I have thought it well to make the short explanation of the changes
which have taken place in the condition of the British workingmen during
recent years as a prelude to what I have to say concerning that foremost
of British workingmen, John Burns. It is only fair to say that the
workingmen of these countries have made judicious and praiseworthy use
of the new political powers confided to them, and have almost invariably
sent into Parliament as the representatives of their class men of
undoubted ability and of the highest character, men who win the respect
of all parties in the House of Commons. Of these men John Burns is the
most conspicuous. He has never, indeed, held a place in an
administration, as two, I think, of his order have already done; but
then John Burns is a man of resolutely independent character, and it
would not be easy thus far to form even a Liberal Government which
should be quite up to the level of his views on many questions of
domestic and foreign policy.

John Burns would hardly be taken personally as a typical representative
of the British workingman. He is short in stature, very dark in
complexion and in the color of his hair, and a stranger seeing him for
the first time might take him for an Italian or a Spaniard. His physical
strength is something enormous, and I have seen him perform with the
greatest apparent ease some feats of athletic vigor which might have
seemed to demand the proportions of a giant. His whole frame is made up
of bone and muscle, and although he is broadly and stoutly built, he
does not appear to have any superfluous flesh. If I had to make my way
through a furious opposing crowd, I do not know of any leader whom I
should be more glad to follow than John Burns. But although Burns is
physically made for a fighting man, there is nothing pugnacious or
aggressive in his temperament. He is by nature kind, conciliatory, and
generous, tolerant of other men's opinions, and only anxious to advance
his own by fair argument and manly appeals to men's sense of humanity
and justice. I have seen him carry a great big elderly man who had
fainted at a public meeting and take him to a quiet spot with all the
ease and tenderness of a mother carrying her child. But if I were an
overbearing giant who was trying his strength upon a weaker mortal, I
should take good care not to make the experiment while John Burns was
anywhere within reach. He is an adept at all sorts of athletic sports
and games, skating, rowing, foot-racing, boxing, cricket, and I know not
what else. He is essentially a man of the working class, and has, I
believe, some Scottish blood in his veins, but he is a Londoner by
birth, and passed all his early life in a London district. He was born
to poverty, and received such education as he had to begin with at a
humble school in the Battersea region on the south side of London.

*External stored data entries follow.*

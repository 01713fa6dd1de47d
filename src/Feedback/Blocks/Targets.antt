-- ===== src/Feedback/Blocks/Targets.antt =====
-- The overlays that the interceptors ask for name an element.
use chat_bot_hub.Prelude.{
  ℕ, String, str_eq, true, false, none, some, List, [], ◌∷◌, ◌≡◌, refl, ap, arith, and_parts, leb,
}
use chat_bot_hub.Http.{
  Effect, toast_error, complete_bar, block_ui, unblock_ui, remove_token, redirect_later,
  rearm_later, Event, run, fresh,
}
use chat_bot_hub.Feedback.Blocks.{
  base_of, named, block_at, unblock_at, Options, Overlay, blocks, unblocks_at, block, unblock,
  serve,
}
use chat_bot_hub.Feedback.Blocks.Named.{is_named, all_named, has_target, all_targets, Named-run}

-- The service draws the overlay on the element, takes it away from there, or is not asked.
abbrev pub Served : (String → ℕ) → ℕ → Effect → Type 0
Served height window (block_ui id) =
    (o : Overlay) × (serve height window (block_ui id) ≡ some (blocks o)) × (o.target ≡ id)
Served height window (unblock_ui id) = serve height window (unblock_ui id) ≡ some (unblocks_at id)
Served height window e = serve height window e ≡ none

abbrev pub AllServed : (String → ℕ) → ℕ → List Effect → Type 0
AllServed height window [] = Unit {0}
AllServed height window (e ∷ es) = Served height window e × AllServed height window es

named-filled : (id : String) → is_named id ≡ true → named (some id) ≡ some id
named-filled id h = let filled : str_eq id "" ≡ false = ground (arith, h) in rw filled refl

-- The options that the interceptors give.
abbrev plain : String → Options
plain id = record {
  target = some id;
  boxed = false;
  message = none;
  z_index = none;
  overlay_color = none;
  cenrer_y = false;
}

abbrev overlay : (String → ℕ) → ℕ → String → Overlay
overlay height window id = record {
  target = id;
  message = none;
  boxed = false;
  base_z = base_of none;
  color = none;
  center_y = leb (height id) window;
}

Served-target :
    (height : String → ℕ) (window : ℕ) (e : Effect) → has_target e ≡ true → Served height window e
unfolding serve has_target block unblock block_at unblock_at
Served-target height window (block_ui id) h = (
  overlay height window id,
  ap (λ t. some (block_at height window (plain id) t)) (named-filled id h),
  refl,
)
Served-target height window (unblock_ui id) h = ap (λ t. some (unblock_at t)) (named-filled id h)
Served-target height window (toast_error s) h = refl
Served-target height window complete_bar h = refl
Served-target height window remove_token h = refl
Served-target height window (redirect_later s) h = refl
Served-target height window rearm_later h = refl

AllServed-targets :
    (height : String → ℕ) (window : ℕ) (es : List Effect)
    → all_targets es ≡ true
    → AllServed height window es
unfolding all_targets
AllServed-targets height window [] h = tt
AllServed-targets height window (e ∷ es) h =
    let parts : (has_target e ≡ true) × (all_targets es ≡ true) = and_parts h in
    (Served-target height window e parts.0, AllServed-targets height window es parts.1)

-- In every run of the interceptors from the start, whatever the heights of the page, each overlay that
-- they ask the service for is drawn on its element, and each that they have taken away is taken from its
-- element: the service never throws, and never blocks or frees the whole page.
pub run-AllServed :
    (height : String → ℕ) (window : ℕ) (es : List Event) → AllServed height window (run fresh es).1
run-AllServed height window es =
    AllServed-targets height window (run fresh es).1
      (Named-run es fresh (unfold all_named in refl)).targets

Now, I should think that a boy born in humble life who had in him any
gift of imagination and any faculty for self-improvement could hardly
have begun life in a better place than Battersea. The Battersea region
lies south of the Thames, and is a strange combination of modern
squalidness and picturesque historical associations and memorials. The
homes of the working class poor stand under the very shadow of that
famous church in Old Battersea where Bolingbroke, the high-born, one of
the most eloquent orators known to English Parliamentary life, and one
of the most brilliant writers who adorn English literature, lies buried,
and where strangers from all parts of the world go to gaze upon his
tombstone. Everywhere throughout the little town or village one comes
upon places associated with the memory of Bolingbroke and of other men
famous in history. Cross the bridge that spans the Thames and you are in
the Chelsea region, which is suffused with historical and literary
associations from far-off days to those recent times when Thomas Carlyle
had his home in one of its quiet streets. To a boy with any turn for
reading and any taste for history and literature, all that quarter of
London on both sides of the Thames must have been filled with
inspiration. John Burns had always a love of reading, and I can easily
fancy that the memories of the place must have been a constant stimulant
and inspiration to his honorable ambition for self-culture. His school
days finished when he was hardly ten years old, and then he was set to
earn a living, first in a candle factory and afterwards in the works of
an engineer. Thus he toiled away until he had reached manhood's age, and
all the time he was steadily devoting his spare hours or moments to the
task of self-education. He read every book that came within his reach,
and studied with especial interest the works of men who set themselves
to the consideration of great social problems.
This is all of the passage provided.